Focus on what the patch *does* and its features and downsides.
*Then* broach the alternatives. But, please, clearly separate out this
patch from other opining.
> diff --git a/arch/x86/include/asm/tdx.h b/arch/x86/include/asm/tdx.h
> index de822ed9ef0b..b063aabe2554 100644
> --- a/arch/x86/include/asm/tdx.h
> +++ b/arch/x86/include/asm/tdx.h
> @@ -26,11 +26,18 @@
> #define TDX_SEAMCALL_GP (TDX_SW_ERROR | X86_TRAP_GP)
> #define TDX_SEAMCALL_UD (TDX_SW_ERROR | X86_TRAP_UD)
>
> +#define TDX_SEAMCALL_STATUS_MASK 0xFFFFFFFF00000000ULL
> +
> /*
> * TDX module SEAMCALL leaf function error codes
> */
> -#define TDX_SUCCESS 0ULL
> -#define TDX_RND_NO_ENTROPY 0x8000020300000000ULL
> +#define TDX_SUCCESS 0ULL
> +#define TDX_RND_NO_ENTROPY 0x8000020300000000ULL
> +#define TDX_UPDATE_COMPAT_SENSITIVE 0x8000051200000000ULL
> +
> +/* Bit definitions of TDX_FEATURES0 metadata field */
> +#define TDX_FEATURES0_NO_RBP_MOD BIT_ULL(18)

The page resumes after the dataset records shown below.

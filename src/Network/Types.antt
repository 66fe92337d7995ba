-- ===== src/Network/Types.antt =====
-- The structs that validation reads, with the fields that it reads. A `uint8_t` that is used as a truth
-- value is a Boolean; one that holds an enumeration is a number, which may lie outside it.
use cedar_switch_3i4o_power.Common.{ℕ, Bool, Option, List, Bytes}

-- `struct device_config_addr`
pub record DeviceAddr : Type 0 where
  pub family : ℕ
  pub bytes : Bytes

-- `struct device_config_ipv4`
pub record DeviceIpv4 : Type 0 where
  pub mode : ℕ
  pub prefix_length : ℕ
  pub has_gateway : Bool
  pub address : Bytes
  pub gateway : Bytes

-- `struct device_config_dns`
pub record DeviceDns : Type 0 where
  pub mode : ℕ
  pub server_count : ℕ
  pub servers : List DeviceAddr

-- `struct device_config_ethernet`
pub record DeviceEthernet : Type 0 where
  pub enabled : Bool
  pub ipv4 : DeviceIpv4

-- `struct device_config_wifi`; `ssid` is the whole array.
pub record DeviceWifi : Type 0 where
  pub enabled : Bool
  pub security : ℕ
  pub ssid_len : ℕ
  pub ssid : Bytes
  pub password_set : Bool
  pub ipv4 : DeviceIpv4

-- `struct device_config`
pub record DeviceConfig : Type 0 where
  pub preferred_interface : ℕ
  pub dns : DeviceDns
  pub ethernet : DeviceEthernet
  pub wifi : DeviceWifi

-- `struct device_config_secret_update`
pub record SecretUpdate : Type 0 where
  pub action : ℕ
  pub value : Option Bytes
  pub len : ℕ

-- `struct network_config_input`
pub record NetworkConfigInput : Type 0 where
  pub config : DeviceConfig
  pub wifi_password : SecretUpdate
  pub ethernet_address_given : Bool
  pub wifi_address_given : Bool
  pub ssid_invalid : Bool

-- `struct network_iface_status`
pub record IfaceStatus : Type 0 where
  pub present : Bool
  pub link_up : Bool
  pub has_ipv4 : Bool
  pub has_route : Bool
  pub wifi_associated : Bool
  pub wifi_connecting : Bool
  pub wifi_failed : Bool

-- `struct network_status`
pub record NetworkStatus : Type 0 where
  pub ethernet : IfaceStatus
  pub wifi : IfaceStatus

-- The constants of the enumerations.
abbrev pub interface_ethernet : ℕ
interface_ethernet = 0

abbrev pub interface_wifi : ℕ
interface_wifi = 1

abbrev pub interface_count : ℕ
interface_count = 2

abbrev pub ipv4_dhcp : ℕ
ipv4_dhcp = 0

abbrev pub ipv4_static : ℕ
ipv4_static = 1

abbrev pub ipv4_mode_count : ℕ
ipv4_mode_count = 2

abbrev pub dns_automatic : ℕ
dns_automatic = 0

abbrev pub dns_manual : ℕ
dns_manual = 1

abbrev pub dns_mode_count : ℕ
dns_mode_count = 2

abbrev pub dns_max_servers : ℕ
dns_max_servers = 2

abbrev pub wifi_open : ℕ
wifi_open = 0

abbrev pub wifi_security_count : ℕ
wifi_security_count = 3

abbrev pub ssid_max_len : ℕ
ssid_max_len = 32

abbrev pub secret_keep : ℕ
secret_keep = 0

abbrev pub secret_replace : ℕ
secret_replace = 1

abbrev pub secret_clear : ℕ
secret_clear = 2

> +#define TDX_FEATURES0_UPDATE_COMPAT BIT_ULL(47)
Refactor first. Add new features second.
> #ifndef __ASSEMBLER__
>
> diff --git a/arch/x86/kvm/vmx/tdx_errno.h b/arch/x86/kvm/vmx/tdx_errno.h
> index 6ff4672c4181..215c00d76a94 100644
> --- a/arch/x86/kvm/vmx/tdx_errno.h
> +++ b/arch/x86/kvm/vmx/tdx_errno.h
> @@ -4,8 +4,6 @@
> #ifndef __KVM_X86_TDX_ERRNO_H
> #define __KVM_X86_TDX_ERRNO_H
>
> -#define TDX_SEAMCALL_STATUS_MASK 0xFFFFFFFF00000000ULL
> -
> /*
> * TDX SEAMCALL Status Codes (returned in RAX)
> */
> diff --git a/arch/x86/virt/vmx/tdx/tdx.c b/arch/x86/virt/vmx/tdx/tdx.c
> index a7dfa4ee8813..7864ab68f4e3 100644
> --- a/arch/x86/virt/vmx/tdx/tdx.c
> +++ b/arch/x86/virt/vmx/tdx/tdx.c
> @@ -1234,10 +1234,13 @@ static __init int tdx_enable(void)
> }
> subsys_initcall(tdx_enable);
>
> +#define TDX_SYS_SHUTDOWN_AVOID_COMPAT_SENSITIVE BIT(16)
> +
> int tdx_module_shutdown(void)
> {
> struct tdx_sys_info_handoff handoff = {};
> struct tdx_module_args args = {};
> + u64 err;
> int ret, cpu;
>
> ret = get_tdx_sys_info_handoff(&handoff);
> @@ -1248,9 +1251,26 @@ int tdx_module_shutdown(void)
> * module can produce and most likely supported by newer modules.
> */
> args.rcx = handoff.module_hv;
> - ret = seamcall_prerr(TDH_SYS_SHUTDOWN, &args);
> - if (ret)
> - return ret;
> +
> + /*
> + * Mitigate the erratum where updates can break concurrent TD
> + * build. Do not pre-check support for this flag. If unsupported,
> + * rely on the TDX module to reject shutdown requests.
> + */
> + args.rcx |= TDX_SYS_SHUTDOWN_AVOID_COMPAT_SENSITIVE;
"Mitigate the erratum..." is a strange way to start this.
This would be a much better format I think:
/*
* This flag will <say what it does> if <triggering event>
* happens. That eliminates exposure to a TDX erratum which
* can <explain bad things here>.
*
* This flag is not supported by all TDX modules and may cause
* the shutdown (and subsequent update procedure) to fail.
*/
> + err = seamcall(TDH_SYS_SHUTDOWN, &args);
> +
> + /*
> + * Return -EBUSY to signal that some ongoing flows are incompatible
> + * with updates so that userspace can retry.
> + */
/*
* The shutdown ran into a "sensitive" ongoing operation, like
* TD build. Signal to userspace that it can retry.
*/
> + if ((err & TDX_SEAMCALL_STATUS_MASK) == TDX_UPDATE_COMPAT_SENSITIVE)
> + return -EBUSY;
> + if (err) {
> + seamcall_err(TDH_SYS_SHUTDOWN, err, &args);
> + return -EIO;
> + }
Whitespace between the if()s please.